-- Material provided follows --

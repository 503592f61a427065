-- ===== src/Protocol/Payload/Codec.antt =====
-- pack and unpack of each payload class, and PAYLOAD_CLASSES.
use ecu_telemetry.Prelude.{
  ℕ, ◌-◌, ◌%◌, ◌^◌, List, [], ◌∷◌, ◌++◌, leb, ◌==◌, if◌then◌else◌, length, take, drop,
}
use ecu_telemetry.Python.Result.{Result, ok, require, bad_length, ◌>>=◌, ◌>>◌}
use ecu_telemetry.Python.Floats.{Floats}
use ecu_telemetry.Python.Struct.{Bytes, Field, u8, u16, u32, f32, f64, Vals, pack, unpack}
use ecu_telemetry.Python.Utf8.{utf8_encode, utf8_decode}
use ecu_telemetry.Protocol.Text.{cstr, pad}
use ecu_telemetry.Protocol.Header.{max_payload}
use ecu_telemetry.Protocol.Payload.Types.{
  Telemetry, Hello, Heartbeat, Log, ConfigSet, ConfigAck, FwUpdate, FwAck, FaultInject, Payload,
}
use ecu_telemetry.Protocol.MsgType

abbrev pub telemetry_fmt : List Field
telemetry_fmt = f32 ∷ f32 ∷ f32 ∷ f32 ∷ f32 ∷ f32 ∷ f64 ∷ f64 ∷ u32 ∷ u8 ∷ Field.pad 3 ∷ []

abbrev pub hello_fmt : List Field
hello_fmt = Field.chars 16 ∷ Field.chars 16 ∷ u32 ∷ u16 ∷ u16 ∷ []

abbrev pub heartbeat_fmt : List Field
heartbeat_fmt = u32 ∷ u32 ∷ u32 ∷ u32 ∷ []

abbrev pub byte_fmt : List Field
byte_fmt = u8 ∷ Field.pad 3 ∷ []

abbrev pub config_set_fmt : List Field
config_set_fmt = u32 ∷ u16 ∷ u8 ∷ u8 ∷ f32 ∷ f32 ∷ f32 ∷ []

abbrev pub config_ack_fmt : List Field
config_ack_fmt = u32 ∷ u8 ∷ Field.pad 3 ∷ []

abbrev pub fw_update_fmt : List Field
fw_update_fmt = Field.chars 16 ∷ u32 ∷ u32 ∷ []

abbrev pub fw_ack_fmt : List Field
fw_ack_fmt = u8 ∷ Field.pad 3 ∷ Field.chars 16 ∷ []

abbrev pub fault_inject_fmt : List Field
fault_inject_fmt = u32 ∷ u32 ∷ u32 ∷ []

abbrev pub fault_ack_fmt : List Field
fault_ack_fmt = u32 ∷ []

-- b[0]
abbrev pub first_byte : Bytes → ℕ
first_byte [] = 0
first_byte (x ∷ b) = x

module _ ⦃fl : Floats⦄ where
  abbrev pub telemetry_values : Telemetry → Vals telemetry_fmt
  telemetry_values t = (
    t.rpm,
    (
      t.temp_c,
      (
        t.current_a,
        (
          t.voltage_v,
          (
            t.vibration_g,
            (t.speed_kph, (t.lat, (t.lon, (t.fault_flags % 2 ^ 32, (t.state % 2 ^ 8, (tt, tt)))))),
          ),
        ),
      ),
    ),
  )

  abbrev pub hello_values : Hello → Vals hello_fmt
  hello_values p =
      (pad p.fw_string 16, (pad p.hw_model 16, (p.config_version, (p.telemetry_hz, (0, tt)))))

  abbrev pub heartbeat_values : Heartbeat → Vals heartbeat_fmt
  heartbeat_values p = (p.uptime_s, (p.frames_sent, (p.config_version, (p.reconnects, tt))))

  abbrev pub config_set_values : ConfigSet → Vals config_set_fmt
  config_set_values p = (
    p.config_version,
    (p.telemetry_hz, (p.log_level, (0, (p.rpm_limit, (p.temp_limit_c, (p.current_limit_a, tt)))))),
  )

  abbrev pub config_ack_values : ConfigAck → Vals config_ack_fmt
  config_ack_values p = (p.config_version, (p.status, (tt, tt)))

  abbrev pub fw_update_values : FwUpdate → Vals fw_update_fmt
  fw_update_values p = (pad p.target_version 16, (p.image_size_bytes, (p.image_crc, tt)))

  abbrev pub fw_ack_values : FwAck → Vals fw_ack_fmt
  fw_ack_values p = (p.status, (tt, (pad p.version 16, tt)))

  abbrev pub fault_inject_values : FaultInject → Vals fault_inject_fmt
  fault_inject_values p = (p.set_flags, (p.clear_flags, (p.duration_ms, tt)))

  unfoldable pub pack_log : Log → Result Bytes
  pack_log p = do
    head ← pack byte_fmt (p.level, (tt, tt))
    message ← utf8_encode p.message
    ok (head ++ take (max_payload - 4) message)

  -- payload.pack(); bytes stand for themselves.
  unfoldable pub pack_payload : Payload → Result Bytes
  pack_payload (Payload.telemetry p) = pack telemetry_fmt (telemetry_values p)
  pack_payload (Payload.hello p) = pack hello_fmt (hello_values p)
  pack_payload (Payload.heartbeat p) = pack heartbeat_fmt (heartbeat_values p)
  pack_payload (Payload.log p) = pack_log p
  pack_payload (Payload.config_set p) = pack config_set_fmt (config_set_values p)
  pack_payload (Payload.config_ack p) = pack config_ack_fmt (config_ack_values p)
  pack_payload (Payload.fw_update p) = pack fw_update_fmt (fw_update_values p)
  pack_payload (Payload.fw_ack p) = pack fw_ack_fmt (fw_ack_values p)
  pack_payload (Payload.fault_inject p) = pack fault_inject_fmt (fault_inject_values p)
  pack_payload (Payload.fault_ack p) = pack fault_ack_fmt (p.active_flags, tt)
  pack_payload (Payload.cmd p) = pack byte_fmt (p.cmd, (tt, tt))
  pack_payload (Payload.raw b) = ok b

  abbrev pub telemetry_of : Vals telemetry_fmt → Payload
  telemetry_of (rpm, (temp, (cur, (volt, (vib, (speed, (lat, (lon, (flags, (state, _)))))))))) =
      Payload.telemetry (record {
        rpm = rpm;
        temp_c = temp;
        current_a = cur;
        voltage_v = volt;
        vibration_g = vib;
        speed_kph = speed;
        lat = lat;
        lon = lon;
        fault_flags = flags;
        state = state;
      })

  abbrev pub hello_of : Vals hello_fmt → Payload
  hello_of (fw, (hw, (cv, (hz, _)))) =
      Payload.hello
        (record { fw_string = cstr fw; hw_model = cstr hw; config_version = cv; telemetry_hz = hz })

  abbrev pub heartbeat_of : Vals heartbeat_fmt → Payload
  heartbeat_of (up, (sent, (cv, (rec, _)))) =
      Payload.heartbeat
        (record { uptime_s = up; frames_sent = sent; config_version = cv; reconnects = rec })

  abbrev pub config_set_of : Vals config_set_fmt → Payload
  config_set_of (cv, (hz, (ll, (_, (rpm, (temp, (cur, _))))))) = Payload.config_set (record {
    config_version = cv;
    telemetry_hz = hz;
    log_level = ll;
    rpm_limit = rpm;
    temp_limit_c = temp;
    current_limit_a = cur;
  })

  abbrev pub config_ack_of : Vals config_ack_fmt → Payload
  config_ack_of (cv, (st, _)) = Payload.config_ack (record { config_version = cv; status = st })

  abbrev pub fw_update_of : Vals fw_update_fmt → Payload
  fw_update_of (v, (sz, (crc, _))) =
      Payload.fw_update (record { target_version = cstr v; image_size_bytes = sz; image_crc = crc })

  abbrev pub fw_ack_of : Vals fw_ack_fmt → Payload
  fw_ack_of (st, (_, (v, _))) = Payload.fw_ack (record { status = st; version = cstr v })

  abbrev pub fault_inject_of : Vals fault_inject_fmt → Payload
  fault_inject_of (set, (clear, (ms, _))) =
      Payload.fault_inject (record { set_flags = set; clear_flags = clear; duration_ms = ms })

  abbrev pub fault_ack_of : Vals fault_ack_fmt → Payload
  fault_ack_of (flags, _) = Payload.fault_ack (record { active_flags = flags })

  -- `if len(b) != n: raise BadLength`, then struct.unpack and the class's constructor.
  unfoldable pub unpack_as : (fs : List Field) → ℕ → (Vals fs → Payload) → Bytes → Result Payload
  unpack_as fs n make b = do
    require (length b == n) bad_length
    values ← unpack fs b
    ok (make values)

  unfoldable pub unpack_log : Bytes → Result Payload
  unpack_log b = do
    require (leb 4 (length b)) bad_length
    ok (Payload.log (record { level = first_byte b; message = utf8_decode (drop 4 b) }))

  unfoldable pub unpack_cmd : Bytes → Result Payload
  unpack_cmd b = do
    require (length b == 4) bad_length
    ok (Payload.cmd (record { cmd = first_byte b }))

  -- `cls = PAYLOAD_CLASSES.get(msg_type)`, then `cls.unpack(raw) if cls else raw`.
  unfoldable pub unpack_payload : ℕ → Bytes → Result Payload
  unpack_payload t b =
      if t == MsgType.telemetry
      then unpack_as telemetry_fmt 48 telemetry_of b
      else if t == MsgType.hello
      then unpack_as hello_fmt 40 hello_of b
      else if t == MsgType.heartbeat
      then unpack_as heartbeat_fmt 16 heartbeat_of b
      else if t == MsgType.log
      then unpack_log b
      else if t == MsgType.config_set
      then unpack_as config_set_fmt 20 config_set_of b
      else if t == MsgType.config_ack
      then unpack_as config_ack_fmt 8 config_ack_of b
      else if t == MsgType.fw_update
      then unpack_as fw_update_fmt 24 fw_update_of b
      else if t == MsgType.fw_ack
      then unpack_as fw_ack_fmt 20 fw_ack_of b
      else if t == MsgType.fault_inject
      then unpack_as fault_inject_fmt 12 fault_inject_of b
      else if t == MsgType.fault_ack
      then unpack_as fault_ack_fmt 4 fault_ack_of b
      else if t == MsgType.cmd
      then unpack_cmd b
      else ok (Payload.raw b)

  -- payload.TYPE; `given` for raw bytes, whose type the caller names.
  unfoldable pub payload_type : ℕ → Payload → ℕ
  payload_type given (Payload.telemetry p) = MsgType.telemetry
  payload_type given (Payload.hello p) = MsgType.hello
  payload_type given (Payload.heartbeat p) = MsgType.heartbeat
  payload_type given (Payload.log p) = MsgType.log
  payload_type given (Payload.config_set p) = MsgType.config_set
  payload_type given (Payload.config_ack p) = MsgType.config_ack
  payload_type given (Payload.fw_update p) = MsgType.fw_update
  payload_type given (Payload.fw_ack p) = MsgType.fw_ack
  payload_type given (Payload.fault_inject p) = MsgType.fault_inject
  payload_type given (Payload.fault_ack p) = MsgType.fault_ack
  payload_type given (Payload.cmd p) = MsgType.cmd
  payload_type given (Payload.raw b) = given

-- Material provided concluded --

Given the records above, reproduce precisely and only the lines between the line holding "require (length b == 4) bad_length" and the line holding "unfoldable pub unpack_payload", inclusive.

    require (length b == 4) bad_length
    ok (Payload.cmd (record { cmd = first_byte b }))

  -- `cls = PAYLOAD_CLASSES.get(msg_type)`, then `cls.unpack(raw) if cls else raw`.
  unfoldable pub unpack_payload : ℕ → Bytes → Result Payload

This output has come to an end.